Start of INFORMATION SUPPLIED

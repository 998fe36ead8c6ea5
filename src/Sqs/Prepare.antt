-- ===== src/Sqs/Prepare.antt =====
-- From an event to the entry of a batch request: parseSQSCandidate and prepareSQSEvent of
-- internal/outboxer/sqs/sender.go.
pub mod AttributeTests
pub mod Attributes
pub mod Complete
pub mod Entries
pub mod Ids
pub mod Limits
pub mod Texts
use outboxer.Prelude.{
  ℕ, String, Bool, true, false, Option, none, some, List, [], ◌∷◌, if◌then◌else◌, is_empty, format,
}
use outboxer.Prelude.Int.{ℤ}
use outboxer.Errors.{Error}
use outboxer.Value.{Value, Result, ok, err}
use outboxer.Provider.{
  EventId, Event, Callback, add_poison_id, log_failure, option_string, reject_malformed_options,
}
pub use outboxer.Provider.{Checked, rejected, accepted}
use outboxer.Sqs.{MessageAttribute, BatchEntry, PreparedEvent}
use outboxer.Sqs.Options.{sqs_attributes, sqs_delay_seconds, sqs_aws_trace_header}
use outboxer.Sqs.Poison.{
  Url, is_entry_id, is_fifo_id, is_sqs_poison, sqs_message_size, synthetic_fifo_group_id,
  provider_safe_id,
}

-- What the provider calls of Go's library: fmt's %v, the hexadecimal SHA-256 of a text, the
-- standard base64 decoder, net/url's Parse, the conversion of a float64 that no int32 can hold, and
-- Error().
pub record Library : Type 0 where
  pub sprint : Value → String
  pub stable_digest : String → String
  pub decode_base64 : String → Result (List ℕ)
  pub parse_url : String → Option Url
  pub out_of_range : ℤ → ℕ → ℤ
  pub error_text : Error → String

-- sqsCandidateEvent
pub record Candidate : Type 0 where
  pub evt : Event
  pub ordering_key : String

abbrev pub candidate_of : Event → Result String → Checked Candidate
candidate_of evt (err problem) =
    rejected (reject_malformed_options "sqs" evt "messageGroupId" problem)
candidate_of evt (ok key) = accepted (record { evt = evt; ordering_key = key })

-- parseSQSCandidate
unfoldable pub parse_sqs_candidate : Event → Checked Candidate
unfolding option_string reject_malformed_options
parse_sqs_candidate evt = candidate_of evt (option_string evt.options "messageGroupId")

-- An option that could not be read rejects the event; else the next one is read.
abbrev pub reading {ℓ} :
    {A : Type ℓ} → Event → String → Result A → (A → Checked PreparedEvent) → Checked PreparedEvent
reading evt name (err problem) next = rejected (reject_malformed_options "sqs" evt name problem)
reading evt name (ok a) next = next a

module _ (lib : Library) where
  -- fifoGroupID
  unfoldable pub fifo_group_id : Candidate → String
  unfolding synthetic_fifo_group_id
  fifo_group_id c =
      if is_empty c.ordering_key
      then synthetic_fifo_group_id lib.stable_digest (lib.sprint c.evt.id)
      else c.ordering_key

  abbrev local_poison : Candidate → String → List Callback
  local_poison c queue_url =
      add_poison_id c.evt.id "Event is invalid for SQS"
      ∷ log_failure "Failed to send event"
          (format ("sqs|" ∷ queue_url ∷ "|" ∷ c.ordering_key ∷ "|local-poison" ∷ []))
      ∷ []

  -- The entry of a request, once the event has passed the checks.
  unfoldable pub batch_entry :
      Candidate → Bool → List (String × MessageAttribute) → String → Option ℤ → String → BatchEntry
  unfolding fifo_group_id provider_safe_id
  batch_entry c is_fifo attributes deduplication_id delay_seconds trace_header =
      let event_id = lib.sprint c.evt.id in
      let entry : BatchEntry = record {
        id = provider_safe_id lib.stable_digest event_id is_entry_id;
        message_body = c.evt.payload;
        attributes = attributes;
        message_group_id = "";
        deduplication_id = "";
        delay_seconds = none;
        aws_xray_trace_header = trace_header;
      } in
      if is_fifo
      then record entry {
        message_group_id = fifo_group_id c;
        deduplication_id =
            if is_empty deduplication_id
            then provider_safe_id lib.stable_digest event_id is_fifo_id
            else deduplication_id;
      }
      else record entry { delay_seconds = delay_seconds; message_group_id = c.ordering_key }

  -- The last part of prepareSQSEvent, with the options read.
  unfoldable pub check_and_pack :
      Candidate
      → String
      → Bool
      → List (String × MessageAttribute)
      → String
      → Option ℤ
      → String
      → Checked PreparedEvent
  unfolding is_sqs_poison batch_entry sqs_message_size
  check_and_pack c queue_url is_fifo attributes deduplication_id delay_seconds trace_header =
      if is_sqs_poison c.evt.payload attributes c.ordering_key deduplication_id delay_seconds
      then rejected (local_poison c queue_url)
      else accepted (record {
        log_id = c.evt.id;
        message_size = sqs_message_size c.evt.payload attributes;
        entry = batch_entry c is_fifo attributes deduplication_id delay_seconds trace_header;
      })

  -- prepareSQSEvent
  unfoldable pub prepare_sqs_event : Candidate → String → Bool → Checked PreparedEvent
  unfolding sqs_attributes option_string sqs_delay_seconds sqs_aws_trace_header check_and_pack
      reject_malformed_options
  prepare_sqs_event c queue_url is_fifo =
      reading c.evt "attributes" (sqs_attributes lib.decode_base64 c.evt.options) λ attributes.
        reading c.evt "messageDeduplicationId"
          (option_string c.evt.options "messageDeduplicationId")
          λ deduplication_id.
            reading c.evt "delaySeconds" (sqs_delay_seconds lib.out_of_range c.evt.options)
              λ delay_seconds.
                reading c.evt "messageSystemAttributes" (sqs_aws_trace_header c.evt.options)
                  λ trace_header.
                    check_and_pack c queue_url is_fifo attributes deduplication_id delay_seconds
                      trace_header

End of INFORMATION SUPPLIED
Start of INFORMATION SUPPLIED

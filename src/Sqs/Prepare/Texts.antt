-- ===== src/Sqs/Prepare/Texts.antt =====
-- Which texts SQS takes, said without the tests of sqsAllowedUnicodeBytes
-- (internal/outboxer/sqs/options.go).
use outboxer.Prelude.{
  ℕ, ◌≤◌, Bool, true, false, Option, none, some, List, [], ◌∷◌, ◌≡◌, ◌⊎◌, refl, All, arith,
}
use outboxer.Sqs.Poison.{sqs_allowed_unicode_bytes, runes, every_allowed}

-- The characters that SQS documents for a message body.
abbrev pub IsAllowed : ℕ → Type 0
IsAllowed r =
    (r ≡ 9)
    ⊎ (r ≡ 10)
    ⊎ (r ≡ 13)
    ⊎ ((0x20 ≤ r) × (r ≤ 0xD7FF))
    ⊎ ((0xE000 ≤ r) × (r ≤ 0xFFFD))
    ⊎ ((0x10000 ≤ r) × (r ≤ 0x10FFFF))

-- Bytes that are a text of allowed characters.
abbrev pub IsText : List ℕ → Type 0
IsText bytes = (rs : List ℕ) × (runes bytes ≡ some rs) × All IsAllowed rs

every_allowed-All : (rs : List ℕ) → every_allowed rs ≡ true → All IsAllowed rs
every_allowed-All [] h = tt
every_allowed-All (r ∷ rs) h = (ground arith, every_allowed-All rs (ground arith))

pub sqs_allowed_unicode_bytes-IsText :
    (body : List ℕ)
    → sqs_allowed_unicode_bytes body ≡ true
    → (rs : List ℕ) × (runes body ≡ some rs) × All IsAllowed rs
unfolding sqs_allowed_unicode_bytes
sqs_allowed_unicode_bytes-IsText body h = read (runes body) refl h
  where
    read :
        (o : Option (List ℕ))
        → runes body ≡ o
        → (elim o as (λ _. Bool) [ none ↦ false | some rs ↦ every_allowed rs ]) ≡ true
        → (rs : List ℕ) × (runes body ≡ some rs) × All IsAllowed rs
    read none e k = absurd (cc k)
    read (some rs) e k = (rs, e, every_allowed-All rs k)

End of INFORMATION SUPPLIED

▸ **TASK DIRECTIONS**: Each line in the data that holds the string "filename" must be returned.

▸ **YOUR RESPONSE**:
filename src/Sqs/Prepare.antt
filename src/Sqs/Prepare/Texts.antt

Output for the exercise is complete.